# The Great Company of Bjorn Stormwolf



## The_Hive_Emperor (Jun 10, 2010)

Hey everybody! After several months (and a massive Simple Green bath) I am finally painting my Space Wolf army again. I decided my great company would be Bjorn Stormwolf's because well one I didn't have any golden yellow, and I like his fluff! So with out further ramblings I present my first completed Grey Hunter







I should have another model up soon (these models are coming along rather quickly) until then please C&C!

[EDIT] I just noticed I didn't do the purity seal on his leg *facepalm* so he's not quite done....I'll fix that shortly


----------



## Khorne's Fist (Jul 18, 2008)

Not a bad start. It does need a bit of work though. First and foremost, mold lines. They are especially visible on the helmet and back pack. It's as simple as just running a blade along the lines to flatten them out. I think the whole model could do with a black wash after the highlights just to tone them down a bit. A brown wash on the gold of the bolter would help as well.

Finally, the little details need to be painted. You've already noticed the purity seal, and it looks like the vents on the back pack haven't been painted either. As I said though, a solid start.


----------



## TheReverend (Dec 2, 2007)

Another Bjorn Stormwolf great company, excellent, you chose the right one  

I'm with Khorne's Fist in that I think the mini needs a black wash over it to tone it down, but then, if you look at our armies we like our grey dark, so we're biased  

I think you're off to a great start, and the free hand wolf on the shoulder is a solid piece of work, I envy you in that respect as my free hand is rubbish! 

My only suggestion is to try adding a bit more to your minis otherwise you'll end up with a mass of grey... maybe a red knee pad or fist or some of the helmet details? 

Looking forward to seeing this company grow

Rev


----------



## The_Hive_Emperor (Jun 10, 2010)

Thanks for the comments guys. I have given these models a Badab wash in the past and I didn't like it (part of the reason for the Simple Green bath I mentioned), so that probably mean's I'm doing something wrong :laugh: How would you guys suggest that I go about washing the model? 

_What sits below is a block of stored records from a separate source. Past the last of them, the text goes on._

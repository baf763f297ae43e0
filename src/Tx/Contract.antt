-- ===== src/Tx/Contract.antt =====
-- Contract calls, and `CTransaction::ExecuteTx` as a whole (src/tx.cpp).
use dacrs.Base.{
  ℕ, Bool, false, ◌&&◌, ◌||◌, Option, none, some, List, [], ◌∷◌, ◌++◌, ◌==◌, if◌then◌else◌,
}
use dacrs.Base.Int.{ℤ, pos, ltb_ℤ}
use dacrs.RunEnv.Check.{reg_height, reg_index}
use dacrs.Account.{ChainParams, Account, KeyId, RegId, PubKeys, account_log}
use dacrs.Views.{AccountView, set_account}
use dacrs.Views.ByUser.{by_reg, by_key, get_account_by, get_key_id_by}
use dacrs.ScriptDb.{Bytes, ScriptDbView, ScriptDbOperLog}
use dacrs.ScriptDb.Data.{get_script, set_tx_rel_accout}
use dacrs.Tx.{
  Transaction, TxState, bad_read_accountdb, bad_read_account, run_script_error, Outcome, accepted,
  rejected, and_then, with_view, push_log, account_for, em_contract_tx, transfer,
}
use dacrs.Tx.Index.{index_both, set_tx_hash}

-- What `CVmRunEvn::run` gives: whether it succeeded, the accounts to write, the log of the changes
-- to the data, the bytes of the accounts that the transaction touches, and the views after it.
pub record RunResult : Type 0 where
  pub ok : Bool
  pub new_account : List Account
  pub db_log : List ScriptDbOperLog
  pub related : Bytes
  pub view : AccountView
  pub script_db : ScriptDbView

abbrev pub limite_app_height : ℤ
limite_app_height = pos 189000

-- `listBlockAppId`
abbrev pub list_block_app_id : List (ℕ × ℕ)
list_block_app_id = (97560, 1) ∷ (96298, 1) ∷ (96189, 1) ∷ (95130, 1) ∷ (93694, 1) ∷ []

abbrev pub is_listed : RegId → List (ℕ × ℕ) → Bool
is_listed id [] = false
is_listed id ((height, index) ∷ rest) =
    (reg_height id == height && reg_index id == index) || is_listed id rest

module _ (keys : PubKeys) (run : Transaction → ℤ → AccountView → ScriptDbView → RunResult)
    (tx : Transaction) (hash : Bytes) (height : ℤ) where
  -- The log is of the account as it was, or of a new one for an address.
  abbrev pub old_account : KeyId → Option Account → Option Account
  old_account key (some acc) = some acc
  old_account key none = if key == 0 then none else some (account_for key)

  abbrev pub write_new_account : Account → Option Account × AccountView → TxState → Outcome
  write_new_account acc (found, v) s = elim (old_account acc.key_id found) [
    | none ↦ rejected bad_read_accountdb (with_view v s)
    | some old ↦ accepted (push_log (account_log old) (with_view (set_account acc.key_id acc v) s))
  ]

  -- The loop over the accounts that the contract has changed.
  unfoldable pub write_new_accounts : List Account → TxState → Outcome
  write_new_accounts [] s = accepted s
  write_new_accounts (acc ∷ accs) s =
      and_then (write_new_accounts accs)
        (write_new_account acc (get_account_by keys (by_key acc.key_id) s.view) s)

  abbrev pub push_script_logs : List ScriptDbOperLog → TxState → TxState
  push_script_logs logs s = record s {
    undo = record s.undo { script_oper_log = s.undo.script_oper_log ++ logs };
  }

  abbrev pub save_related : Bytes → TxState → Outcome
  save_related related s =
      accepted (record s { script_db = set_tx_rel_accout hash related s.script_db })

  abbrev pub after_run : RunResult → TxState → Outcome
  after_run result s =
      let s' = record s { view = result.view; script_db = result.script_db } in
      if result.ok
      then and_then (save_related result.related) (
          and_then (λ t. accepted (push_script_logs result.db_log t))
            (write_new_accounts result.new_account s'))
      else rejected run_script_error s'

  abbrev pub with_script : Option Bytes × ScriptDbView → TxState → Outcome
  with_script (none, d) s = rejected bad_read_account (record s { script_db = d })
  with_script (some script, d) s = after_run (run tx height s.view d) (record s { script_db = d })

  -- The part of `ExecuteTx` for `EM_CONTRACT_TX`.
  unfoldable pub call_contract : TxState → Outcome
  call_contract s = elim tx.des_user_id [
    | by_reg id ↦
        if ltb_ℤ limite_app_height height && is_listed id list_block_app_id
        then rejected bad_read_account s
        else with_script (get_script id s.script_db) s
    | _ ↦ rejected bad_read_account s
  ]

module _ (keys : PubKeys) (params : ChainParams) (address_to_tx_flag : Bool)
    (run : Transaction → ℤ → AccountView → ScriptDbView → RunResult) where
  -- `CTransaction::ExecuteTx`, with the hash of the transaction.
  unfoldable pub execute_tx : Transaction → Bytes → ℕ → ℕ → TxState → Outcome
  execute_tx tx hash height index s =
      and_then
        (λ t.
          if address_to_tx_flag
          then index_both keys hash height index tx.des_user_id
              (get_key_id_by keys tx.src_reg_id t.view) (set_tx_hash hash t)
          else accepted (set_tx_hash hash t))
        (and_then
          (λ t.
            if tx.tx_type == em_contract_tx
            then call_contract keys run tx hash (pos height) t
            else accepted t)
          (transfer keys params (pos height) tx s))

Khorn's Fist, I don't know why I ignored those vents, I guess I've gotten to used to Jump packs, I'll get on that!

TheReverend Bjorn's company is the best one! Let us go belch and fart at Imperial dignitaries as battle brothers! But, I will defiantly be adding some splashes of color to my, this fellow was kind of a proto type, to see if my free had is solid enough to paint a thunderwolf on the paldurons of an entire army. My next model (who should be done late tonight or tomorrow, so I should have him posted tomorrow or Tuesday) has ornamentation fitting of a Grey Hunter! And I look forward to you comments on bettering my growing company!


----------



## The_Hive_Emperor (Jun 10, 2010)

Just put the final touches on the first model and his squad mate! And here they are

The incomplete side....completed! 



And the new model






I think I'm going to work on my MotF model next, I'm not sure when he'll be done though. At the latest it will be done by next week (hopefully).


----------



## Skari (Dec 20, 2011)

very nice. Have you tried using any of the GW washes? They work great at making all the detail on a model pop. I suggest you try it out sometime


----------



## The_Hive_Emperor (Jun 10, 2010)

I have a pair of washes, I use them most on purity seals and jump pack exhaust. I tried using them on full models before but it looked awful. I'm probably doing something wrong. Do you know where I can find examples of washes done right? Or the techniques for doing it right?


----------



## TheReverend (Dec 2, 2007)

THE (that's a snazzy acronym right there! ), have a look at my project log, or Khorn's Fists for examples of wolves (there are a few other good ones, just search for space wolves) to see how we use the washes on our armies. If they are GW's washes (not inks) then just slap on the Badab Black liberally and let it dry naturally. If that's too dark for you, you could water it down about 25:75 water:wash, which is what I am dong these days. 

alternatively you could use a thin brush and just carefully apply it in the crevices. 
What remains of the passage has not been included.